Beneath an Opal Moon by Eric Van Lustbader

Beneath an Opal Moon by Eric Van Lustbader

Author:Eric Van Lustbader
Language: eng
Format: epub
ISBN: 9781497654914
Publisher: Open Road Media


Water’s Edge

Calle Córdel was deserted when he arrived.

It was just before midnight, he judged, squinting up at the smudge of moonlight. This, too, was fast disappearing as the cloud cover thickened. He sniffed, could smell it now.

The storm.

He pulled his Daluzan cloak tight about him but the rising wind plucked at its edges, exposing the silken lining.

Had this been one of Milhos Seguillas’? If so, he knew it was a singular honor that the Senhora had given it to him. She was so much a lady—

He looked around him. Shuttered doorways and darkened windows. Only a few flickering night lanterns for company.

Where was Chiisai?

He glanced upward reflexively again but now all traces of moonlight had left the sky. In the distance, he thought he could hear a rolling boom of thunder.
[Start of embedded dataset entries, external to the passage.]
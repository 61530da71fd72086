-- ===== src/Server/Refusals.antt =====
-- internal/server/policy.go: what a request that passes is like, and that every such request passes.
use capd.Prelude.{
  ℕ, suc, String, Bool, true, false, ◌&&◌, Option, none, some, List, [], ◌∷◌, ok, err, ◌>>◌, guard,
  length, str_eq, leb, leb→le, le→leb, if◌then◌else◌, ◌≤◌, ◌≡◌, ◌≢◌, refl, eq_iff, arith, ◌↔◌, ◌⊎◌,
  inl, inr, All,
}
use capd.Protocol.{Attachment}
use capd.Server.Scopes.{one_of}
use capd.Server.Policy.{
  Platform, TaskSendParams, PolicyError, Verdict, unless, not_exactly_one, path_relative,
  session_required, prompt_required, too_many, url_relative, url_scheme, wrong_type, validate_url,
  validate_attachment, validate_attachments, is_empty, validate_task_send,
}

-- An image by an absolute path or by an absolute web address, and not by both.
abbrev pub FineUrl : Option (String × String) → Type 0
FineUrl none = ⊥
FineUrl (some (scheme, host)) =
    (str_eq host "" ≡ false) × (one_of scheme ("http" ∷ "https" ∷ []) ≡ true)

abbrev pub FineAttachment : Platform → Attachment → Type 0
FineAttachment os att =
    (str_eq att.type "image" ≡ true)
    × (((str_eq att.url "" ≡ true) × ((str_eq att.path "" ≡ false) × (os.is_abs att.path ≡ true)))
        ⊎ ((str_eq att.path "" ≡ true)
            × ((str_eq att.url "" ≡ false) × FineUrl (os.parse_url att.url))))

abbrev pub FineTask : Platform → TaskSendParams → Type 0
FineTask os params =
    (params.session_id ≢ "")
    × (((os.trim params.prompt ≢ "") ⊎ (params.attachments ≢ []))
        × ((length params.attachments ≤ 16) × All (FineAttachment os) params.attachments))

-- A chain of checks passes when its first check does and the rest of it does.
guard_passes :
    (b : Bool) (e : PolicyError) (rest : Verdict)
    → ((guard b e >> rest) ≡ ok tt) ↔ ((b ≡ true) × (rest ≡ ok tt))
guard_passes true e rest = (λ h. (refl, h), λ h. h.1)
guard_passes false e rest = (λ h. absurd (ground (arith, h)), λ h. absurd (ground (arith, h)))

guard_ok : (b : Bool) (e : PolicyError) → (guard b e ≡ ok tt) ↔ (b ≡ true)
guard_ok true e = (λ h. refl, λ h. refl)
guard_ok false e = (λ h. absurd (ground (arith, h)), λ h. absurd (ground (arith, h)))

unless_ok : (b : Bool) (e : PolicyError) → (unless b e ≡ ok tt) ↔ (b ≡ false)
unless_ok true e = (λ h. absurd (ground (arith, h)), λ h. absurd (ground (arith, h)))
unless_ok false e = (λ h. refl, λ h. refl)

-- Two checks in a row, of which the first refuses what holds.
two_pass :
    (blank web : Bool) (e f : PolicyError)
    → ((unless blank e >> guard web f) ≡ ok tt) ↔ ((blank ≡ false) × (web ≡ true))
two_pass true web e f = (λ h. absurd (ground (arith, h)), λ h. absurd (ground (arith, h.0)))
two_pass false true e f = (λ h. (refl, refl), λ h. refl)
two_pass false false e f = (λ h. absurd (ground (arith, h)), λ h. absurd (ground (arith, h.1)))

validate_url-FineUrl :
    (os : Platform) (i : ℕ) (url : Option (String × String))
    → (validate_url os i url ≡ ok tt) ↔ FineUrl url
validate_url-FineUrl os i none = (λ h. absurd (ground (arith, h)), λ h. absurd h)
validate_url-FineUrl os i (some (scheme, host)) =
    two_pass (str_eq host "") (one_of scheme ("http" ∷ "https" ∷ [])) (url_relative i)
      (url_scheme i)

-- A path alone that is absolute, or an address alone that is fine.
abbrev OneSource : Bool → Bool → Bool → Type 0 → Type 0
OneSource no_path no_url absolute Fine =
    ((no_url ≡ true) × ((no_path ≡ false) × (absolute ≡ true)))
    ⊎ ((no_path ≡ true) × ((no_url ≡ false) × Fine))

abbrev source_check : Bool → Bool → Bool → ℕ → Verdict → Verdict
source_check no_path no_url absolute i url =
    if no_path
    then (if no_url then err (not_exactly_one i) else url)
    else (if no_url then guard absolute (path_relative i) else err (not_exactly_one i))

source_passes :
    (no_path no_url absolute : Bool) (i : ℕ) (url : Verdict) (Fine : Type 0)
    → (url ≡ ok tt) ↔ Fine
    → (source_check no_path no_url absolute i url ≡ ok tt) ↔ OneSource no_path no_url absolute Fine
source_passes true true absolute i url Fine both = (
  λ h. absurd (ground (arith, h)),
  elim [ inl h ↦ absurd (ground (arith, h.1.0)) | inr h ↦ absurd (ground (arith, h.1.0)) ],
)
source_passes true false absolute i url Fine both = (
  λ h. inr (refl, (refl, both.0 h)),
  elim [ inl h ↦ absurd (ground (arith, h.0)) | inr h ↦ both.1 h.1.1 ],
)
source_passes false true true i url Fine both = (λ h. inl (refl, (refl, refl)), λ h. refl)
source_passes false true false i url Fine both = (
  λ h. absurd (ground (arith, h)),
  elim [ inl h ↦ absurd (ground (arith, h.1.1)) | inr h ↦ absurd (ground (arith, h.0)) ],
)
source_passes false false absolute i url Fine both = (
  λ h. absurd (ground (arith, h)),
  elim [ inl h ↦ absurd (ground (arith, h.0)) | inr h ↦ absurd (ground (arith, h.0)) ],
)

validate_attachment-FineAttachment :
    (os : Platform) (i : ℕ) (att : Attachment)
    → (validate_attachment os i att ≡ ok tt) ↔ FineAttachment os att
unfolding validate_attachment
validate_attachment-FineAttachment os i att =
    let source =
      source_passes (str_eq att.path "") (str_eq att.url "") (os.is_abs att.path) i
        (validate_url os i (os.parse_url att.url)) (FineUrl (os.parse_url att.url))
        (validate_url-FineUrl os i (os.parse_url att.url)) in
    let first = guard_passes (str_eq att.type "image") (wrong_type i) (
      source_check (str_eq att.path "") (str_eq att.url "") (os.is_abs att.path) i
        (validate_url os i (os.parse_url att.url))) in
    (λ h. ((first.0 h).0, source.0 (first.0 h).1), λ h. first.1 (h.0, source.1 h.1))

-- A chain of two verdicts passes when both do.
both_pass : (v rest : Verdict) → ((v >> rest) ≡ ok tt) ↔ ((v ≡ ok tt) × (rest ≡ ok tt))
both_pass (ok u) rest = (λ h. (refl, h), λ h. h.1)
both_pass (err e) rest = (λ h. absurd (ground (arith, h)), λ h. absurd (ground (arith, h.0)))

validate_attachments-FineAttachment :
    (os : Platform) (i : ℕ) (atts : List Attachment)
    → (validate_attachments os i atts ≡ ok tt) ↔ All (FineAttachment os) atts
unfolding validate_attachments
validate_attachments-FineAttachment os i [] = (λ h. tt, λ h. refl)
validate_attachments-FineAttachment os i (att ∷ atts) =
    let chain = both_pass (validate_attachment os i att) (validate_attachments os (suc i) atts) in
    let one = validate_attachment-FineAttachment os i att in
    let rest = validate_attachments-FineAttachment os (suc i) atts in
    (λ h. (one.0 (chain.0 h).0, rest.0 (chain.0 h).1), λ h. chain.1 (one.1 h.0, rest.1 h.1))

either_false : (a b : Bool) → ((a && b) ≡ false) ↔ ((a ≡ false) ⊎ (b ≡ false))
either_false true true = (λ h. absurd (ground (arith, h)), elim [ inl h ↦ h | inr h ↦ h ])
either_false true false = (λ h. inr refl, λ h. refl)
either_false false b = (λ h. inl refl, λ h. refl)

is_not : (a b : String) → (str_eq a b ≡ false) ↔ (a ≢ b)
is_not a b = (λ h e. ground (arith, h, (eq_iff a b).1 e), λ h. differs (str_eq a b) refl h)
  where
    differs : (found : Bool) → str_eq a b ≡ found → a ≢ b → str_eq a b ≡ false
    differs true e h = absurd (h ((eq_iff a b).0 e))
    differs false e h = e

has_some : (os : Platform) (atts : List Attachment) → (is_empty os atts ≡ false) ↔ (atts ≢ [])
has_some os [] = (λ h. absurd (ground (arith, h)), λ h. absurd (h refl))
has_some os (att ∷ atts) = (λ h e. ground (arith, e), λ h. refl)

-- What the second check of a task lets through.
has_content :
    (os : Platform) (params : TaskSendParams)
    → ((str_eq (os.trim params.prompt) "" && is_empty os params.attachments) ≡ false)
      ↔ ((os.trim params.prompt ≢ "") ⊎ (params.attachments ≢ []))
has_content os params =
    let blank = str_eq (os.trim params.prompt) "" in
    let bare = is_empty os params.attachments in
    (
      λ h. elim ((either_false blank bare).0 h) [
        | inl e ↦ inl ((is_not (os.trim params.prompt) "").0 e)
        | inr e ↦ inr ((has_some os params.attachments).0 e)
      ],
      elim [
        | inl h ↦ (either_false blank bare).1 (inl ((is_not (os.trim params.prompt) "").1 h))
        | inr h ↦ (either_false blank bare).1 (inr ((has_some os params.attachments).1 h))
      ],
    )

-- A task passes the policy exactly when it names a session, has a prompt that is not blank or an
-- attachment, and at most sixteen attachments, each an image given by an absolute path alone or by an
-- absolute web address alone.
pub validate_task_send-FineTask :
    (os : Platform) (params : TaskSendParams)
    → (validate_task_send os params ≡ ok tt) ↔ FineTask os params
unfolding validate_task_send
validate_task_send-FineTask os params =
    let named = unless (str_eq params.session_id "") session_required in
    let filled =
      unless (str_eq (os.trim params.prompt) "" && is_empty os params.attachments)
        prompt_required in
    let few = guard (leb (length params.attachments) 16) too_many in
    let atts = validate_attachments os 0 params.attachments in
    let last = both_pass (named >> filled >> few) atts in
    let third = both_pass (named >> filled) few in
    let second = both_pass named filled in
    let each = validate_attachments-FineAttachment os 0 params.attachments in
    (
      λ h.
          let (checks, fine) = last.0 h in
          let (first_two, short) = third.0 checks in
          let (has_name, has_task) = second.0 first_two in
          (
            (is_not params.session_id "").0 ((unless_ok _ session_required).0 has_name),
            (
              (has_content os params).0 ((unless_ok _ prompt_required).0 has_task),
              (leb→le _ _ ((guard_ok _ too_many).0 short), each.0 fine),
            ),
          ),
      λ h. last.1 (
        third.1 (
          second.1 (
            (unless_ok _ session_required).1 ((is_not params.session_id "").1 h.0),
            (unless_ok _ prompt_required).1 ((has_content os params).1 h.1.0),
          ),
          (guard_ok _ too_many).1 (le→leb _ _ h.1.1.0),
        ),
        each.1 h.1.1.1,
      ),
    )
A thin gray dog with a matted coat padded down a side street, stopped, regarded him for a moment, then lifted its leg and urinated against the side of a building. The dog turned and sniffed it before mooching slowly onward, nose to the ground for any trace of something to eat.

The trees whispered their enigmatic sighing song; they bowed slightly.

Past midnight now.

Where was she?

He turned abruptly at a sharp sound. Boots against cobbles. For a moment, they stopped and he turned away. Then they resumed. He turned back.

A woman came into view, tall and long-necked. Her face was in shadow. She stopped when she saw his bulk, tentative now but unafraid.

He saw that she carried a weapon in her left hand, at the ready.

“Who are you?” he said.

She said nothing but continued to stand in the center of the street. There was no one else around. He moved a step closer. The shadows made it impossible for him to tell anything about her. This he did not like.

The knife with the triangular blade was lifted so that he could see its explicit threat.

“Come no closer,” she warned. Her voice floated to him eerily on the night.

He felt the change in atmospheric pressure and the rolling crack of thunder was unmistakable. He stared from the black pool of her face to the knife-blade. With a start, he saw that it was dark and shiny. Blood. This woman had but recently been in some kind of fight.

“Are you in need of help?” he asked.

She stood as immobile and silent as a statue.

“Are you hurt?”

“I am unharmed,” she said after a time. “Will you leave willingly or—” The blade moved a fraction higher.

“I am here to meet someone,” he said. “A friend. I will not move.”

Now she took a step forward, partially into the aureole of light from a nearby lantern, swinging in its cage as the rising wind tossed it. “You are not Daluzan.”

“No.” He saw her face for the first time. Long and narrow and attractive. A strong face, full of character. He wondered who she was. Then it occurred to him that she would be asking herself the same questions. “I am Moichi Annai-Nin of Iskael.”

This statement seemed to quell some of her suspicion and he saw her relax somewhat.